**Task goal**.
Each line from the one containing "proof_failed)" to the end of the records below should be restated word for word; please leave out all other lines.

(Stored items)
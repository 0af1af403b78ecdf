-- ===== src/Memory/Sessions.antt =====
-- A store that nothing but the memory service has written to.
use aicti.Base.{
  ℕ, String, ◌≡◌, refl, Bool, true, Option, none, some, List, [], ◌∷◌, keep, first, ok, subst, sym,
}
use aicti.Value.{Value}
use aicti.Library.{Library}
use aicti.Db.{Db}
use aicti.Memory.{replay, latest_of}
use aicti.Memory.Order.{of_scope}
use aicti.Memory.Chain.{Linked, View}
use aicti.Memory.Service.{MemoryWrite, Policy, write}
use aicti.Memory.Writes.{write-Keyed}
use aicti.Memory.Appends.{Keyed}
use aicti.Memory.Replay.{replay-succeeds}

-- The database after the writes, those that raise included.
abbrev pub after_writes :
    Library → (Value → Option Value) → Policy → (ℕ → String) → List MemoryWrite → Db → Db
after_writes library to_int policy uuid4 [] db = db
after_writes library to_int policy uuid4 (w ∷ ws) db =
    after_writes library to_int policy uuid4 ws (write library to_int policy uuid4 w db).1

module _ (library : Library) (to_int : Value → Option Value)
    (str_text : (s : String) → library.str (Value.text s) ≡ s)
    (to_int_int : (n : ℕ) → to_int (Value.int n) ≡ some (Value.int n)) (policy : Policy)
    (uuid4 : ℕ → String) where
  after_writes-Keyed :
      (ws : List MemoryWrite) (db : Db)
      → Keyed library db
      → Keyed library (after_writes library to_int policy uuid4 ws db)
  after_writes-Keyed [] db keyed = keyed
  after_writes-Keyed (w ∷ ws) db keyed =
      after_writes-Keyed ws _
        (write-Keyed library to_int str_text to_int_int policy uuid4 w db keyed)

  -- Where `str` leaves texts and `int` numbers as they are: from a database with no memory events, no
  -- views and a unique index on the scope and key of the views, and after any sequence of writes, those
  -- that raise included, the replay of every run raises nothing, whatever the policy is and whatever
  -- scopes `LIKE` selects.
  pub replay-after_writes :
      (ws : List MemoryWrite) (like : String → String → Bool) (run_id : String) (db : Db)
      → db.views_are_unique ≡ true
      → db.memory_events ≡ []
      → db.memory_views ≡ []
      → (scopes : List String) × (replay library like run_id
            (after_writes library to_int policy uuid4 ws db)
          ≡ ok scopes)
  replay-after_writes ws like run_id db unique no_events no_views =
      replay-succeeds library str_text like run_id (after_writes library to_int policy uuid4 ws db)
        (after_writes-Keyed ws db (
          (λ s. (
            none,
            0,
            subst (λ es. Linked library none 0 (keep (of_scope s) es) none 0) (sym no_events)
                (refl, refl),
            subst (λ views. View (first (latest_of s) views) none 0) (sym no_views) (refl, refl),
          )),
          unique,
        )).0
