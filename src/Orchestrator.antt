-- ===== src/Orchestrator.antt =====
-- PipelineOrchestrator of services/orchestrator.py: what the run of a report
-- calls, and how it is remembered. `Services` holds what the orchestrator calls of other services and libraries. An
-- exception of the generator passes through as `raised`. `run_id` is unique in `pipeline_runs`.
pub mod Persistence
pub mod Pipeline
pub mod Records
pub mod Gates
pub mod Single
use aicti.Base.{
  ℕ, suc, String, ◌==◌, ◌=?◌, Bool, true, false, ◌&&◌, not, Option, none, some, List, [], ◌∷◌, ◌++◌,
  keep, first, elem, text_lt, Result, ok, err, if◌then◌else◌,
}
use aicti.Value.{Value, Items, nil, cons, Fields, end, field, get}
use aicti.Db.{
  Db, Report, EvidenceSpan, DetectionSpec, GeneratedRule, OutcomeRow, PipelineRunRecord,
  ProofObligationRecord,
}
use aicti.Db.Action.{Action, ◌>>=◌, ◌>>◌, pure, raise, gets, require}
use aicti.Graph.{upsert_node, add_edge}
use aicti.Validation.{
  ValidationError, SyntheticValidationResult, dynamic_passed, record_static_validation,
  record_dynamic_validation, record_regression, generate_proof_obligations_from_artifacts,
  verify_persisted_proofs_selectable,
}
use aicti.Export.{is_set}

-- The messages of `PipelineTransitionError`, and an exception of the rule generation.
pub data PipelineError : Type 0 where
  report_required evidence_required single_spec_required spec_required rule_required : PipelineError
  static_gate_failed dynamic_gate_failed proof_gate_failed lineage_required graph_failed :
      PipelineError
  raised : String → PipelineError

-- `validate_rule` and `run_synthetic_validation` give `none` where they raise; the two events of the
-- synthetic validation are fixed. `json_loads` is `json.loads`.
pub record Services : Type 0 where
  pub uuid4 : ℕ → String
  pub json_loads : String → Option Value
  pub generate_sigma_rule : String → Action String String
  pub validate_rule : String → Db → Option Bool
  pub run_synthetic_validation : Option String → Option SyntheticValidationResult

-- `ORDER BY id`
insert_by_id : {A : Type 0} → (A → String) → A → List A → List A
insert_by_id id a [] = a ∷ []
insert_by_id id a (b ∷ bs) =
    let later = insert_by_id id a bs in if text_lt (id b) (id a) then b ∷ later else a ∷ b ∷ bs

unfoldable pub order_by_id : {A : Type 0} → (A → String) → List A → List A
unfolding insert_by_id
order_by_id id [] = []
order_by_id id (a ∷ others) = insert_by_id id a (order_by_id id others)

-- `try: m except Exception: handler`, and else the rest.
unfoldable pub attempt :
    {E F A B : Type 0} → Action F A → Action E B → (A → Action E B) → Action E B
attempt m handler rest db =
    let (r, db') = m db in elim r [ ok a ↦ rest a db' | err e ↦ handler db' ]

texts : Items → List String
texts nil = []
texts (cons (Value.text s) items) = s ∷ texts items
texts (cons _ items) = texts items

-- `payload.get("evidence_ids")` raises on what is no mapping.
evidence_ids : Value → Option (List String)
unfolding texts
evidence_ids (Value.dict fields) = elim (get "evidence_ids" fields) [
  | some (Value.list items) ↦ some (texts items)
  | _ ↦ some []
]
evidence_ids _ = none

unfoldable pub detection_spec_evidence_ids :
    (String → Option Value) → DetectionSpec → Option (List String)
unfolding evidence_ids
detection_spec_evidence_ids json_loads spec = elim spec.spec_payload [
  | none ↦ some []
  | some text ↦ elim (text == "") [
    | true ↦ some []
    | false ↦ elim (json_loads text) [ none ↦ some [] | some payload ↦ evidence_ids payload ]
  ]
]

replace_run : String → PipelineRunRecord → List PipelineRunRecord → List PipelineRunRecord
replace_run run_id row [] = []
replace_run run_id row (r ∷ rows) =
    let later = replace_run run_id row rows in if r.run_id == run_id then row ∷ rows else r ∷ later

module _ (services : Services) where
  unfoldable pub remember_pipeline_run :
      {E : Type 0}
      → String
      → String
      → String
      → String
      → Option String
      → Option String
      → Action E PipelineRunRecord
  unfolding replace_run
  remember_pipeline_run run_id report_id status stage spec_id rule_id db =
      elim (first (λ (r : PipelineRunRecord). r.run_id == run_id) db.pipeline_runs) [
        | some row ↦
            let row' : PipelineRunRecord = record row {
              report_id = report_id;
              status = status;
              stage = stage;
              detection_spec_id = spec_id;
              rule_id = rule_id;
            } in
            (ok row', record db { pipeline_runs = replace_run run_id row' db.pipeline_runs })
        | none ↦
            let row : PipelineRunRecord = record {
              id = services.uuid4 db.draws;
              run_id = run_id;
              report_id = report_id;
              status = status;
              stage = stage;
              detection_spec_id = spec_id;
              rule_id = rule_id;
            } in
            (
              ok row,
              record db { pipeline_runs = db.pipeline_runs ++ row ∷ []; draws = suc db.draws },
            )
      ]
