-- ===== src/Orchestrator/Gates.antt =====
-- services/orchestrator.py: the two gates before review of `run_pipeline`.
use aicti.Base.{
  String, ◌==◌, ◌≡◌, refl, Bool, true, false, ◌&&◌, not, List, [], ◌∷◌, any, all, keep, length,
  is_empty, elem, ltb, Result, ok, ◌>>◌, require, >>=-succeeds, ok-injective, sym, arith, and_intro,
}
use aicti.Db.{Db, OutcomeRow, ProofObligationRecord}
use aicti.Memory.Policy.{ContractError}

pub data PipelineState : Type 0 where
  ingested spec_validated rule_generated static_validated awaiting_review : PipelineState

-- What `run_pipeline` raises: the messages of `PipelineTransitionError`, the exception of a query for one
-- rule that finds more, and those of the rule generation and of the validation.
pub data SingleError : Type 0 where
  validated_spec_required abstain_spec payload_required rule_required static_gate_failed :
      SingleError
  depth_missing depth_failed proof_missing proof_failed : SingleError
  multiple_rules validation_raised : SingleError
  contract_error : ContractError → SingleError
  generation_raised : String → SingleError

module _ (lower : String → String) (run_id rule_id : String) where
  abbrev pub outcomes : Db → List OutcomeRow
  outcomes db =
      keep (λ (r : OutcomeRow). r.run_id == run_id && r.rule_id == rule_id) db.validation_results

  abbrev pub obligations : Db → List ProofObligationRecord
  obligations db =
      keep (λ (o : ProofObligationRecord). o.run_id == run_id && o.rule_candidate_id == rule_id)
        db.proof_obligations

  unfoldable pub require_evaluation_depth_passed : Db → Result SingleError (Unit {0})
  require_evaluation_depth_passed db = do
    require (not (ltb (length (outcomes db)) 4)) depth_missing
    require (not (any (λ (r : OutcomeRow). not (lower r.status == "passed")) (outcomes db)))
        depth_failed

  abbrev is_disallowed : ProofObligationRecord → Bool
  is_disallowed o = elem ◌==◌ (lower o.status) ("failed" ∷ "unknown" ∷ "not_applicable" ∷ [])

  unfoldable pub require_proof_obligations_proven : Db → Result SingleError (Unit {0})
  require_proof_obligations_proven db = do
    require (not (is_empty (obligations db))) proof_missing
    require (is_empty (keep is_disallowed (obligations db))) proof_failed
    require
        (not
          (any (λ (o : ProofObligationRecord). not (lower o.status == "proven")) (obligations db)))
        proof_failed

  -- The gates, and the state that is returned after them.
  unfoldable pub gates : Db → Result SingleError PipelineState
  gates db = do
    require_evaluation_depth_passed db
    require_proof_obligations_proven db
    ok awaiting_review

  -- At least four outcomes, all passed, and at least one obligation, all proven.
  abbrev pub is_reviewable : Db → Bool
  is_reviewable db =
      not (ltb (length (outcomes db)) 4)
      && (all (λ (r : OutcomeRow). lower r.status == "passed") (outcomes db)
          && (not (is_empty (obligations db))
              && all (λ (o : ProofObligationRecord). lower o.status == "proven") (obligations db)))

was_required : {E : Type 0} (b : Bool) (e : E) (u : Unit {0}) → require b e ≡ ok u → b ≡ true
was_required true e u h = refl
was_required false e u h = cc

all-any :
    {A : Type 0} (p : A → Bool) (xs : List A)
    → not (any (λ a. not (p a)) xs) ≡ true
    → all p xs ≡ true
all-any p [] h = refl
all-any p (x ∷ xs) h = ground (arith, h, all-any p xs)

pub gates-is_reviewable :
    (lower : String → String) (run_id rule_id : String) (db : Db) (state : PipelineState)
    → gates lower run_id rule_id db ≡ ok state
    → (state ≡ awaiting_review) × (is_reviewable lower run_id rule_id db ≡ true)
unfolding gates require_evaluation_depth_passed require_proof_obligations_proven
gates-is_reviewable lower run_id rule_id db state h =
    let (u, depth, rest) =
      >>=-succeeds (require_evaluation_depth_passed lower run_id rule_id db) _ h in
    let (v, proofs, last) =
      >>=-succeeds (require_proof_obligations_proven lower run_id rule_id db) _ rest in
    let (w, enough, passed) =
      >>=-succeeds (require (not (ltb (length (outcomes lower run_id rule_id db)) 4)) depth_missing)
        _ depth in
    let (x, some_left, more) =
      >>=-succeeds (require (not (is_empty (obligations lower run_id rule_id db))) proof_missing) _
        proofs in
    let (y, allowed, proven) =
      >>=-succeeds
        (require
          (is_empty
            (keep (is_disallowed lower run_id rule_id) (obligations lower run_id rule_id db)))
          proof_failed)
        _ more in
    (
      ok-injective (sym last),
      and_intro (was_required _ _ w enough) (
          and_intro (all-any _ (outcomes lower run_id rule_id db) (was_required _ _ u passed)) (
            and_intro (was_required _ _ x some_left)
              (all-any _ (obligations lower run_id rule_id db) (was_required _ _ v proven)))),
    )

**Exercise answer**.
          proof_failed)
        _ more in
    (
      ok-injective (sym last),
      and_intro (was_required _ _ w enough) (
          and_intro (all-any _ (outcomes lower run_id rule_id db) (was_required _ _ u passed)) (
            and_intro (was_required _ _ x some_left)
              (all-any _ (obligations lower run_id rule_id db) (was_required _ _ v proven)))),
    )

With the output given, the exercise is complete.